Perhaps they don’t even realize the dangers lurking right around the corner.
But each one is tempted when he is drawn away by his own desires and enticed. Then, when desire has conceived, it gives birth to sin; and sin, when it is full-grown, brings forth death. Do not be deceived, my beloved brethren. James 1:14-16
I would encourage your husband to talk with his boss for the sake of your man’s character and for the sake of your marriage. And maybe this woman is feeling uneasy about this arrangement as well and she’s hoping someone will step forward and speak up for her?? This is a possibility.
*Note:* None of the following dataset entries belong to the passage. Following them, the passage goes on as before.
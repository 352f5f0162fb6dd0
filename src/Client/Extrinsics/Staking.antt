-- ===== src/Client/Extrinsics/Staking.antt =====
-- src/src/extrinsic/staking.rs: calls of pallet-staking.
use substrate_api_client.Prelude.{ℕ, List, [], Result, ◌++◌}
use substrate_api_client.Primitives.Params.{Composed}
use substrate_api_client.Client.Extrinsics.Common.{
  Encodings, Composer, composed, encode_payout_stakers, encode_force_era,
}

module _
    {Signer Account Signature Tip Index H E Address Balance AccountId Hash Destination : Type 0}
    (self : Composer Signer Account Signature Tip Index H E)
    (enc : Encodings Address Balance AccountId Hash Destination) where
  unfoldable pub staking_bond : Address → Balance → Destination → Result E (Composed self.signing)
  unfolding composed
  staking_bond controller value payee =
      composed self "Staking" "bond"
        (enc.address controller ++ (enc.compact_balance value ++ enc.reward_destination payee))

  unfoldable pub staking_bond_extra : Balance → Result E (Composed self.signing)
  unfolding composed
  staking_bond_extra value = composed self "Staking" "bond_extra" (enc.compact_balance value)

  unfoldable pub staking_unbond : Balance → Result E (Composed self.signing)
  unfolding composed
  staking_unbond value = composed self "Staking" "unbond" (enc.compact_balance value)

  unfoldable pub staking_rebond : Balance → Result E (Composed self.signing)
  unfolding composed
  staking_rebond value = composed self "Staking" "rebond" (enc.compact_balance value)

  unfoldable pub staking_withdraw_unbonded : ℕ → Result E (Composed self.signing)
  unfolding composed
  staking_withdraw_unbonded num_slashing_spans =
      composed self "Staking" "withdraw_unbonded" (enc.u32 num_slashing_spans)

  unfoldable pub staking_nominate : List Address → Result E (Composed self.signing)
  unfolding composed
  staking_nominate targets = composed self "Staking" "nominate" (enc.addresses targets)

  unfoldable pub staking_chill : Result E (Composed self.signing)
  unfolding composed
  staking_chill = composed self "Staking" "chill" ([])

  unfoldable pub staking_set_controller : Address → Result E (Composed self.signing)
  unfolding composed
  staking_set_controller controller =
      composed self "Staking" "set_controller" (enc.address controller)

  unfoldable pub payout_stakers : ℕ → AccountId → Result E (Composed self.signing)
  unfolding composed encode_payout_stakers
  payout_stakers era account =
      composed self "Staking" "payout_stakers"
        (encode_payout_stakers enc (record { validator_stash = account; era = era }))

  unfoldable pub force_new_era : Result E (Composed self.signing)
  unfolding composed encode_force_era
  force_new_era = composed self "Staking" "force_new_era" (encode_force_era (record {}))

  unfoldable pub force_new_era_always : Result E (Composed self.signing)
  unfolding composed encode_force_era
  force_new_era_always =
      composed self "Staking" "force_new_era_always" (encode_force_era (record {}))

  unfoldable pub force_no_era : Result E (Composed self.signing)
  unfolding composed encode_force_era
  force_no_era = composed self "Staking" "force_no_era" (encode_force_era (record {}))

  unfoldable pub set_payee : Address → Result E (Composed self.signing)
  unfolding composed
  set_payee payee = composed self "Staking" "set_payee" (enc.address payee)

  unfoldable pub set_validator_count : ℕ → Result E (Composed self.signing)
  unfolding composed
  set_validator_count count = composed self "Staking" "set_validator_count" (enc.u32 count)
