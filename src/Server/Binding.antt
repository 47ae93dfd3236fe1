-- ===== src/Server/Binding.antt =====
-- internal/server/auth.go, `bind` and `unbind`: the cookie that ties a sign-in to the browser that
-- began it. The MAC under the process's key and base64 are parameters.
pub mod Trust
use lab_gate.Prelude.{
  ℕ, ◌^◌, ltb, leb, Text, codes, List, [], ◌∷◌, ◌++◌, Option, none, some, Bool, true, false, not,
  ◌&&◌, ◌||◌, ◌==◌, text_eq, nat_eq, if◌then◌else◌, split, join, print, atoi, length,
}
use lab_gate.Server.Request.{equal}

-- `strconv.ParseInt` to 64 bits. A negative number stands as none: `unbind` refuses both.
unfoldable pub parse_int : Text → Option ℕ
parse_int s = atoi s

abbrev pub is_later : ℕ → Option ℕ → Bool
is_later now none = false
is_later now (some expires) = not (leb expires now)

module _ (mac encode : Text → Text) (decode : Text → Option Text) where
  abbrev pub bound : Text → Text → Text → ℕ → Text
  bound state nonce verifier expires = join b'.' (state ∷ nonce ∷ verifier ∷ print expires ∷ [])

  unfoldable pub bind : Text → Text → Text → ℕ → Text
  bind state nonce verifier expires =
      let v = bound state nonce verifier expires in v ++ b'.' ∷ encode (mac v)

  abbrev pub has_mac : Option Text → Text → Bool
  has_mac none v = false
  has_mac (some tag) v = tag == mac v

  -- The nonce and the verifier of a cookie of five fields.
  unfoldable pub unbind_fields : ℕ → Text → List Text → Option (Text × Text)
  unfolding parse_int
  unbind_fields now state (s ∷ nonce ∷ verifier ∷ expires ∷ tag ∷ []) =
      if nonce == [] || verifier == [] || not (equal s state)
      then none
      else if not (is_later now (parse_int expires))
      then none
      else if not (has_mac (decode tag) (join b'.' (s ∷ nonce ∷ verifier ∷ expires ∷ [])))
      then none
      else some (nonce, verifier)
  unbind_fields now state fields = none

  unfoldable pub unbind : ℕ → Text → Text → Option (Text × Text)
  unfolding unbind_fields
  unbind now cookie state = unbind_fields now state (split b'.' cookie)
Personally, if I were in this woman’s shoes or even your husband’s shoes, I’d let my boss know that I wasn’t willing to put myself in a compromising situation because my character was too important to me and so is my marriage.
Would I have fear of losing my job? Of course. But my reasons for talking with my boss is so I could bring glory to the Lord and not fall in my Christian walk. I personally believe this pursuit is much more important than having a job.
Would the Lord honor your husband for taking this position? Absolutely!
So, ask your husband some of the questions I discussed. All you’re trying to do is safeguard your marriage as well as protect your man’s reputation and his relationship with the Lord. After all, you are his sister in the Lord! By asking him questions, he shouldn’t feel like you’re making accusations. And the questions will help him to come up with the answers. It gives him the chance to lead and it prepares his heart to hear the Holy Spirit move in him.
Once you’ve said all these things and whatever decision he makes, then you just need to trust that the Lord will move in his heart and protect your marriage.
Now your man might not make the decision to go to his boss but you’ve brought some things to his attention. If and when he’s traveling with this woman he might be more apt to be on guard. He may even decide after he’s traveled this road that it’s not the best thing for him and his marriage.
Any other hedges you can add to help protect a marriage? I’d love to hear your thoughts in the comments!